The \(\upsilon (\cdot )\) operator is also used heavily in these derivations. Here, \(\upsilon (\cdot )\), can be understood as a generalization of the \(\mathrm {vech}(\cdot )\) (vector-half) operator for symmetric matrices, or the \(\mathrm {vecp}(\cdot )\) operator for strictly lower-triangular matrices, to any patterned matrix. A \(p \times q\) matrix is labeled patterned if it contains \(p^{*}=pq-s-v\) mathematically independent and variable elements, where s and v are the number of repeated, and constant elements, respectively. Covariance and correlation matrices are two examples of patterned matrices. For a \(p \times p\) covariance matrix, \(\mathbf {S}\), \(p^{*} = 1/2p(p+1)\), \(s = 1/2p(p+1)\), and \(v=0\). Likewise, for the \(p \times p\) correlation matrix, \(\mathbf {P}\), \(p^{*} = 1/2p(p-1)\), \(s = 1/2p(p-1)\), and \(v=p\). Consider the covariance matrix, \(\mathbf {S}_{2,2}\), then \(\upsilon (\mathbf {S})=[{s}_{1,1}, {s}_{2,1}, {s}_{2,2}]^{'}\). Similarly, for the correlation matrix, \(\mathbf {P}_{2,2}\), \(\upsilon (\mathbf {P})=[{s}_{2,1}]^{'}\). Generally, for any patterned matrix \(\mathbf {X}_{p,q}\), \(\upsilon (\mathbf {X})\) will be a \(p^{*} \times 1\) vector.
1.2 The Kronecker Product
For the matrices \(\mathbf {X}_{p,q}\) and \(\mathbf {A}_{r,s}\), we define the Kronecker product as \(\mathbf {X} \otimes \mathbf {B} = (x_{i,j}\mathbf {A})_{pr \times qs}\), for \(i =1,\dots ,p\) and \(j =1,\dots ,q\). A useful result linking the Kronecker product to the \(\mathrm {vec}\) operator states \(\mathrm {vec}(\mathbf {A}_{m,n}\mathbf {B}_{n,q}\mathbf {C}_{q,r}) = (\mathbf {C}^{'} \otimes \mathbf {A})\mathrm {vec}\mathbf {B}\). Other useful properties of the Kronecker product utilized in these derivations for simplifying resultant expressions are \((\mathbf {A} \otimes \mathbf {B}) (\mathbf {C} \otimes \mathbf {D}) = \mathbf {AC} \otimes \mathbf {BD}\) and \((\mathbf {A} \otimes \mathbf {B})^{'} = \mathbf {A}^{'} \otimes \mathbf {B}^{'}\).
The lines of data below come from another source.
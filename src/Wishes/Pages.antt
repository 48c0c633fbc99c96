-- ===== src/Wishes/Pages.antt =====
-- The pages that provena-web/src/app/wishlist/page.tsx loads, over histories of events.
use mathlib.Core.Path.{ap₂}
use provena.Base.{
  ℕ, zero, suc, ◌+◌, ◌*◌, ◌≤◌, some, List, [], ◌∷◌, ◌++◌, ◌≡◌, refl, sym, ap, ◌∙◌, arith, ltb,
  length, length-append, take, append_assoc, append-nil,
}
use provena.Types.Catalogue.{WishlistItem, PaginatedResponse}
use provena.Wishes.{
  WishlistPage, initial, Event, load_more, removed, added, open_cart, close_cart, on_event,
  all_items, has_more, next_of, has_text, Answer, results_of,
}

unfoldable pub run : List Event → WishlistPage → WishlistPage
run [] p = p
run (ev ∷ evs) p = run evs (on_event ev p)

abbrev pub drop : ℕ → List WishlistItem → List WishlistItem
drop zero l = l
drop (suc n) [] = []
drop (suc n) (x ∷ l) = drop n l

-- An API that serves a list by pages of `size`.
pub record Serves (answer : ℕ → PaginatedResponse WishlistItem) (size : ℕ) (l : List WishlistItem)
    : Type 0 where
  pub page : (n : ℕ) → (answer (suc n)).results ≡ take size (drop (n * size) l)
  pub next : (n : ℕ) → has_text (answer (suc n)).next ≡ ltb (suc n * size) (length l)

pages_upto : ℕ → List ℕ
pages_upto zero = []
pages_upto (suc n) = pages_upto n ++ suc n ∷ []

length-pages_upto : (n : ℕ) → length (pages_upto n) ≡ n
unfolding pages_upto
length-pages_upto zero = refl
length-pages_upto (suc n) =
    length-append (pages_upto n) (suc n ∷ []) ∙ ground (arith, length-pages_upto n)

abbrev InSequence : List ℕ → Type 0
InSequence pages = (n : ℕ) × (pages ≡ pages_upto (suc n))

next_page :
    (n : ℕ) (pages : List ℕ)
    → pages ≡ pages_upto (suc n)
    → pages ++ (length pages + 1) ∷ [] ≡ pages_upto (suc (suc n))
unfolding pages_upto
next_page n pages e =
    let last : length pages + 1 ≡ suc (suc n) =
      ground (arith, ap (λ (l : List ℕ). length l) e, length-pages_upto (suc n)) in
    ap₂ (λ l k. l ++ k ∷ []) e last

run-InSequence :
    (evs : List Event) (p : WishlistPage)
    → InSequence p.loaded_pages
    → InSequence (run evs p).loaded_pages
unfolding run on_event pages_upto
run-InSequence [] p h = h
run-InSequence (load_more ∷ evs) p (n, e) =
    run-InSequence evs (on_event load_more p) (suc n, next_page n p.loaded_pages e)
run-InSequence (removed ∷ evs) p h = run-InSequence evs (on_event removed p) (0, refl)
run-InSequence (added ∷ evs) p h = run-InSequence evs (on_event added p) h
run-InSequence (open_cart ∷ evs) p h = run-InSequence evs (on_event open_cart p) h
run-InSequence (close_cart ∷ evs) p h = run-InSequence evs (on_event close_cart p) h

take-nil : (n : ℕ) → take {A = WishlistItem} n [] ≡ []
take-nil zero = refl
take-nil (suc n) = refl

take_more : (m n : ℕ) (l : List WishlistItem) → take m l ++ take n (drop m l) ≡ take (m + n) l
take_more zero n l = ap (λ k. take k l) (omega arith)
take_more (suc m) n [] = take-nil n ∙ sym (take-nil (suc m + n))
take_more (suc m) n (x ∷ l) =
    ap (◌∷◌ x) (take_more m n l) ∙ ap (λ k. take k (x ∷ l)) {x = suc (m + n)} (omega arith)

all_items-append :
    (answer : ℕ → Answer) (ps qs : List ℕ)
    → all_items answer (ps ++ qs) ≡ all_items answer ps ++ all_items answer qs
unfolding all_items
all_items-append answer [] qs = refl
all_items-append answer (p ∷ ps) qs =
    ap (λ l. results_of (answer p) ++ l) (all_items-append answer ps qs)
    ∙ sym (append_assoc (results_of (answer p)) (all_items answer ps) (all_items answer qs))

has_more-last :
    (answer : ℕ → Answer) (ps : List ℕ) (q : ℕ)
    → has_more answer (ps ++ q ∷ []) ≡ next_of (answer q)
unfolding has_more
has_more-last answer [] q = refl
has_more-last answer (p ∷ []) q = refl
has_more-last answer (p ∷ r ∷ ps) q = has_more-last answer (r ∷ ps) q

module _ (answer : ℕ → PaginatedResponse WishlistItem) (size : ℕ) (l : List WishlistItem) where
  abbrev all_upto : ℕ → List WishlistItem
  all_upto n = all_items (λ p. some (answer p)) (pages_upto n)

  all_items-pages_upto : Serves answer size l → (n : ℕ) → all_upto n ≡ take (n * size) l
  unfolding pages_upto all_items
  all_items-pages_upto s zero = ap (λ k. take k l) {x = 0} (omega arith)
  all_items-pages_upto s (suc n) =
      all_items-append (λ p. some (answer p)) (pages_upto n) (suc n ∷ [])
      ∙ ap₂ ◌++◌ (all_items-pages_upto s n) (append-nil (answer (suc n)).results ∙ s.page n)
      ∙ take_more (n * size) size l
      ∙ ap (λ k. take k l) (ground arith)

  -- After any history of events, where every page has its answer from an API that serves a list by
  -- pages, the page shows the list as far as its pages go: in order, without a gap and nothing twice.
  -- The button for more is there exactly when the list goes on. One page at least is loaded.
  pub run-all_items :
      Serves answer size l
      → (evs : List Event)
      → let pages = (run evs initial).loaded_pages in
        (all_items (λ p. some (answer p)) pages ≡ take (length pages * size) l)
        × (has_more (λ p. some (answer p)) pages ≡ ltb (length pages * size) (length l))
        × (1 ≤ length pages)
  unfolding pages_upto
  run-all_items s evs =
      let (n, e) = run-InSequence evs initial (0, refl) in
      let so_many = ap (λ (ps : List ℕ). length ps) e ∙ length-pages_upto (suc n) in
      (
        ap (all_items (λ p. some (answer p))) e
            ∙ all_items-pages_upto s (suc n)
            ∙ ap (λ k. take (k * size) l) (sym so_many),
        ap (has_more (λ p. some (answer p))) e
            ∙ has_more-last (λ p. some (answer p)) (pages_upto n) (suc n)
            ∙ s.next n
            ∙ ap (λ k. ltb (k * size) (length l)) (sym so_many),
        ground (arith, so_many),
      )
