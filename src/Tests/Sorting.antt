-- ===== src/Tests/Sorting.antt =====
-- A sort that is as the language's standard says of the one that provena-web/src calls.
use mathlib.Core.List.{Perm}
use mathlib.Core.List.Perm
use provena.Base.{
  Bool, true, false, List, [], ◌∷◌, ◌≡◌, refl, sym, ap, ◌∙◌, arith, if_cases, if◌then◌else◌, keep,
  All, ℤ, pos, negsuc,
}
use provena.Types.Catalogue.{Product}
use provena.Browse.{Sort}
use provena.Browse.Ordered.{Sorts, Consistent, InOrder, above, below}

abbrev pub insert : (Product → Product → ℤ) → Product → List Product → List Product
insert compare x [] = x ∷ []
insert compare x (y ∷ l) =
    let rest = insert compare x l in if above (compare x y) then y ∷ rest else x ∷ y ∷ l

abbrev pub insertion : Sort
insertion compare [] = []
insertion compare (x ∷ l) = insert compare x (insertion compare l)

insert-perm :
    (compare : Product → Product → ℤ) (x : Product) (l : List Product)
    → Perm (insert compare x l) (x ∷ l)
insert-perm compare x [] = Perm.refl _
insert-perm compare x (y ∷ l) =
    if_cases (λ r. Perm r (x ∷ y ∷ l)) (above (compare x y))
      (λ _. Perm.trans (Perm.cons y (insert-perm compare x l)) (Perm.swap x y l)) (λ _. Perm.refl _)

insertion-perm : (compare : Product → Product → ℤ) (l : List Product) → Perm (insertion compare l) l
insertion-perm compare [] = Perm.refl _
insertion-perm compare (x ∷ l) =
    Perm.trans (insert-perm compare x (insertion compare l))
      (Perm.cons x (insertion-perm compare l))

module _ (compare : Product → Product → ℤ) (c : Consistent compare) where
  abbrev R : Product → Product → Type 0
  R p q = above (compare p q) ≡ false

  below-above : (z : ℤ) → below z ≡ true → above z ≡ false
  below-above (pos n) e = cc
  below-above (negsuc n) e = refl

  All-insert :
      (y x : Product) (l : List Product) → R y x → All (R y) l → All (R y) (insert compare x l)
  All-insert y x [] r h = (r, tt)
  All-insert y x (z ∷ l) r (s, h) =
      if_cases (All (R y)) (above (compare x z)) (λ _. (s, All-insert y x l r h)) (λ _. (r, (s, h)))

  All-trans : (x y : Product) (l : List Product) → R x y → All (R y) l → All (R x) l
  All-trans x y [] r h = tt
  All-trans x y (z ∷ l) r (s, h) = (c.trans x y z r s, All-trans x y l r h)

  insert-InOrder : (x : Product) (l : List Product) → InOrder R l → InOrder R (insert compare x l)
  insert-InOrder x [] h = (tt, tt)
  insert-InOrder x (y ∷ l) (h, rest) =
      if_cases (InOrder R) (above (compare x y))
        (λ e. (
          All-insert y x l (below-above (compare y x) (sym (c.mirrors x y) ∙ e)) h,
          insert-InOrder x l rest,
        ))
        (λ e. ((e, All-trans x y l e h), (h, rest)))

  insertion-InOrder : (l : List Product) → InOrder R (insertion compare l)
  insertion-InOrder [] = tt
  insertion-InOrder (x ∷ l) = insert-InOrder x (insertion compare l) (insertion-InOrder l)

module _ (compare : Product → Product → ℤ) (test : Product → Bool)
    (ties : (p q : Product) → test p ≡ true → test q ≡ true → compare p q ≡ pos 0) where
  not_above : (p q : Product) → test p ≡ true → test q ≡ true → above (compare p q) ≡ false
  not_above p q h k = ap above (ties p q h k)

  keep-insert :
      (x : Product) (l : List Product) → keep test (insert compare x l) ≡ keep test (x ∷ l)
  keep-insert x [] = refl
  keep-insert x (y ∷ l) = ground (arith, keep-insert x l, not_above x y)

  keep-insertion : (l : List Product) → keep test (insertion compare l) ≡ keep test l
  keep-insertion [] = refl
  keep-insertion (x ∷ l) =
      keep-insert x (insertion compare l)
      ∙ ap (λ rest. if test x then x ∷ rest else rest) (keep-insertion l)

pub insertion-Sorts : Sorts insertion
insertion-Sorts = record {
  permutes = insertion-perm;
  ordered = λ compare l c. insertion-InOrder compare c l;
  stable = λ compare test l c ties. keep-insertion compare test ties l;
}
1.3 The Commutation Matrix
Commutation (or vec-permutation) matrices can be used to translate between vectors \(\mathrm {vec}\,\mathbf {X}\) and \(\mathrm {vec}\,\mathbf {X}^{'}\). The vec-permutation operator, \(\mathbf {K}_{p,q}\), is defined such that \(\mathrm {vec}\,\mathbf {X}_{p,q} = \mathbf {K}_{p,q} \mathrm {vec}\,\mathbf {X}^{'}\). The commutation matrix plays a central role in the formulation of matrix derivatives using the vec operator, and the following derivative is used throughout. Consider the \(m \times n\) matrix \(\mathbf {X}\), then \(\partial \mathrm {vec}(\mathbf {X}^{'}) / \partial \mathrm {vec}(\mathbf {X})^{'} = \mathbf {K}_{m,n}\). Note also that \(\partial \mathrm {vec}(\mathbf {X}) / \partial \mathrm {vec}(\mathbf {X})^{'} = \mathbf {I}_{mn}\).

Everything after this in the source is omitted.